When I returned, the tank was cloudy (green), all the fish were near the top for oxygen, and there was a ton of uneaten food on the bottom of the tank, and the water smelt horrible. I did a 85% water change (without a siphon), and added melafix.

The problem: My pacu's lower jaw seems to be "swollen," or the jutting out. Makes them look bulldogish. It seemed to get slightly better with the water change, but it has me scared. What do I do?

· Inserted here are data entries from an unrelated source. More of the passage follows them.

-- ===== src/Voice/Sender/Requests.antt =====
-- crates/voicetastic-core/src/voice/sender.rs: the listener for NACK frames, and the retransmits.
use voicetastic_core.Prelude.{
  ℕ, zero, suc, ◌+◌, ◌*◌, Bool, true, false, Option, none, some, List, [], ◌∷◌, ◌==◌, if◌then◌else◌,
  map, is_empty,
}
use voicetastic_core.Prelude.Int.{eq_ℤ}
use voicetastic_core.Prelude.Assoc.{lookup}
use voicetastic_core.Prelude.Options.{◌>>=◌, ◌>>◌, guard}
use voicetastic_core.Proto.Types.{PacketType, nack_packet, data_packet, parity_packet}
use voicetastic_core.Proto.Error.{Result, ok, err}
use voicetastic_core.Proto.Mac.{Sha256}
use voicetastic_core.Proto.Header.{peek_message_id, parse}
use voicetastic_core.Voice.Nack.{NackInfo, parse_nack_body}
use voicetastic_core.Voice.Outgoing.{
  OutgoingVoiceRegistry, mark_chunk_sent, take_retransmit, TakeResult, frames_to_send, skipped,
  cooldown_active, defer_nack, DeferOutcome, scheduled, already_scheduled, cooldown_elapsed, gone,
  take_deferred, ttl_expired, budget_exhausted, all_chunks_pending,
}
use voicetastic_core.Voice.Sender.{
  retransmitting, gave_up, VoiceSender, emit, clean_up, inflight_inc, inflight_dec,
}
use voicetastic_core.Meshtastic.Protocol.State.{IncomingData}
use voicetastic_core.Meshtastic.Protocol.Decode.{private_app}

unfoldable pub nack_source_allowed : Option ℕ → ℕ → Bool
nack_source_allowed none nack_from = false
nack_source_allowed (some dest) nack_from = dest == nack_from

-- `recv` lagged behind the broadcast.
unfoldable pub note_lagged : ℕ → VoiceSender → VoiceSender
note_lagged n s = record s { lagged_nack_count = s.lagged_nack_count + n }

abbrev pub of_result {ℓ} : {A : Type ℓ} → Result A → Option A
of_result (ok a) = some a
of_result (err e) = none

abbrev pub is_nack : PacketType → Bool
is_nack nack_packet = true
is_nack data_packet = false
is_nack parity_packet = false

-- The checks of the listener, up to the source of the frame.
unfoldable pub trusted_nack : Sha256 → IncomingData → VoiceSender → Option (ℕ × NackInfo)
unfolding peek_message_id parse parse_nack_body lookup nack_source_allowed
trusted_nack sha incoming s = do
  guard (eq_ℤ incoming.portnum private_app)
  id ← peek_message_id incoming.payload
  entry ← lookup ◌==◌ id s.active
  parsed ← of_result (parse sha incoming.payload)
  guard (is_nack parsed.0.packet_type)
  nack ← of_result (parse_nack_body parsed.0 parsed.1)
  guard (nack_source_allowed entry.to incoming.from)
  some (id, nack)

-- A task of the sender: a batch that is being sent, or one that sleeps.
pub data Retransmit : Type 0 where
  batch : ℕ → List (ℕ × List ℕ) → Retransmit
  waking : ℕ → ℕ → Retransmit

-- `spawn_plan_dispatch`
unfoldable pub dispatch_plan : ℕ → List (ℕ × List ℕ) → VoiceSender → VoiceSender × List Retransmit
unfolding inflight_inc
dispatch_plan id plan s =
    (inflight_inc id (emit (retransmitting id (map (λ f. f.0) plan)) s), batch id plan ∷ [])

abbrev pub with_registry : OutgoingVoiceRegistry → VoiceSender → VoiceSender
with_registry r s = record s { registry = r }

unfoldable pub scheduled_at : ℕ → ℕ → VoiceSender → VoiceSender × List Retransmit
unfolding inflight_inc
scheduled_at id deadline s = (inflight_inc id s, waking id deadline ∷ [])

-- The outcome of `defer_nack`; `again` is the next round.
abbrev pub on_deferred {ℓ} : {A : Type ℓ} → DeferOutcome → A → (ℕ → A) → A → A
on_deferred (scheduled deadline) again later done = later deadline
on_deferred already_scheduled again later done = done
on_deferred cooldown_elapsed again later done = again
on_deferred gone again later done = done

-- The outcome of `take_retransmit`; `defer` is what an active cooldown asks for.
abbrev pub on_taken {ℓ} : {A : Type ℓ} → TakeResult → (List (ℕ × List ℕ) → A) → A → A → A
on_taken (frames_to_send plan) dispatch defer done = if is_empty plan then done else dispatch plan
on_taken (skipped cooldown_active) dispatch defer done = defer
on_taken (skipped ttl_expired) dispatch defer done = done
on_taken (skipped budget_exhausted) dispatch defer done = done
on_taken (skipped all_chunks_pending) dispatch defer done = done

-- The rounds that are left; each call of the registry reads the clock.
unfoldable pub serve_round :
    ℕ → (ℕ → ℕ) → ℕ → List ℕ → ℕ → VoiceSender → VoiceSender × List Retransmit
unfolding take_retransmit defer_nack dispatch_plan scheduled_at
serve_round zero clock id missing pacing s = (s, [])
serve_round (suc rounds) clock id missing pacing s =
    let taken = take_retransmit s.registry id missing pacing (clock (2 * rounds + 1)) in
    let s' = with_registry taken.0 s in
    let deferred = defer_nack s'.registry id missing (clock (2 * rounds)) in
    let s'' = with_registry deferred.0 s' in
    let again = serve_round rounds clock id missing pacing s'' in
    on_taken taken.1 (λ plan. dispatch_plan id plan s')
      (on_deferred deferred.1 again (λ deadline. scheduled_at id deadline s'') (s'', [])) (s', [])

unfoldable pub on_nack :
    (ℕ → ℕ) → ℕ → Option (ℕ × NackInfo) → VoiceSender → VoiceSender × List Retransmit
unfolding clean_up serve_round
on_nack clock pacing none s = (s, [])
on_nack clock pacing (some (id, nack)) s =
    if nack.give_up
    then (clean_up nack.message_id (emit (gave_up nack.message_id) s), [])
    else serve_round 3 clock nack.message_id nack.missing pacing s

-- One round of the loop of `nack_listener_task`.
unfoldable pub listen :
    Sha256 → (ℕ → ℕ) → ℕ → IncomingData → VoiceSender → VoiceSender × List Retransmit
unfolding trusted_nack on_nack
listen sha clock pacing incoming s = on_nack clock pacing (trusted_nack sha incoming s) s

unfoldable pub mark_all : ℕ → List (ℕ × List ℕ) → OutgoingVoiceRegistry → OutgoingVoiceRegistry
unfolding mark_chunk_sent
mark_all id [] r = r
mark_all id ((idx, frame) ∷ plan) r = mark_all id plan (mark_chunk_sent r id idx)

-- `dispatch_retransmit_batch`, from one answer to the next; its guard is dropped at the end.
unfoldable pub batch_step :
    Bool → ℕ → List (ℕ × List ℕ) → VoiceSender → VoiceSender × List Retransmit
unfolding mark_chunk_sent mark_all inflight_dec
batch_step accepted id [] s = (inflight_dec id s, [])
batch_step true id ((idx, frame) ∷ plan) s =
    (with_registry (mark_chunk_sent s.registry id idx) s, batch id plan ∷ [])
batch_step false id ((idx, frame) ∷ plan) s =
    (inflight_dec id (with_registry (mark_all id ((idx, frame) ∷ plan) s.registry) s), [])

-- A wake-up that goes back to sleep holds a new guard and drops the one that it held.
unfoldable pub sleeps_on : ℕ → ℕ → VoiceSender → VoiceSender × List Retransmit
unfolding inflight_inc inflight_dec
sleeps_on id deadline s = (inflight_dec id (inflight_inc id s), waking id deadline ∷ [])

-- The guard of the wake-up is passed on with the batch.
unfoldable pub ships : ℕ → List (ℕ × List ℕ) → VoiceSender → VoiceSender × List Retransmit
ships id plan s = (emit (retransmitting id (map (λ f. f.0) plan)) s, batch id plan ∷ [])

unfoldable pub stops_waking : ℕ → VoiceSender → VoiceSender × List Retransmit
unfolding inflight_dec
stops_waking id s = (inflight_dec id s, [])

-- The wake-up after `take_deferred`.
unfoldable pub after_deferred :
    ℕ → ℕ → (ℕ → ℕ) → Option (List ℕ) → VoiceSender → VoiceSender × List Retransmit
unfolding take_retransmit defer_nack sleeps_on stops_waking ships
after_deferred id pacing clock none s = stops_waking id s
after_deferred id pacing clock (some missing) s =
    let taken = take_retransmit s.registry id missing pacing (clock 1) in
    let s' = with_registry taken.0 s in
    let deferred = defer_nack s'.registry id missing (clock 0) in
    let s'' = with_registry deferred.0 s' in
    on_taken taken.1 (λ plan. ships id plan s')
      (on_deferred deferred.1 (stops_waking id s'') (λ deadline. sleeps_on id deadline s'')
        (stops_waking id s''))
      (stops_waking id s')

-- `spawn_deferred_retransmit`, when its sleep is over.
unfoldable pub wake_step : ℕ → ℕ → (ℕ → ℕ) → VoiceSender → VoiceSender × List Retransmit
unfolding take_deferred after_deferred
wake_step id pacing clock s =
    let stashed = take_deferred s.registry id in
    after_deferred id pacing clock stashed.1 (with_registry stashed.0 s)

Thanks for any help... and I know long posts are annoying, but I wanted to explain the situation.


----------



## 1077 (Apr 16, 2008)

water changes to keep ammonia levels down that may be high due to uneaten food on the bottom are a good first step and sometimes all that is needed. You really must get the food off the bottom either with siphon sold at fish stores or one made up of garden hose or vinyl tubing, I am not a fan of meds or chemicals in the tank so i cannot advise in that respect other than to remind you to remove any carbon from filters during treatment as carbon will remove the medication. Were it me I would go with the next size larger filter for your tank. The one you are using is rated for 175gal. I would want something rated for at LEAST 250 gal or more. I would do small frequent water changes rather than large ones from this point on to get ammonia levels that are no doubt elevated under control. You will need a liquid test kit such as API freswater test kit if you don't have one already to help you with monitoring the ammonia levels. But my immediate concern would be getting the uneaten food out of the tank. I would not remove any of the filter media except for the carbon for as mentioned it will rmove the medication you are using. If it becomes necessary to clean the fiter media i would swish it around in old aquarium water and stick it back in the filter. You can change the media out after the tank has become stable once again. Hope some of this helps.


----------



## iamntbatman (Jan 3, 2008)

If it were me, I'd leave the filter you've got on there, and just add another filter. Another canister, a HOB power filter, anything, really. The more the merrier, especially in a tank as heavily stocked as yours.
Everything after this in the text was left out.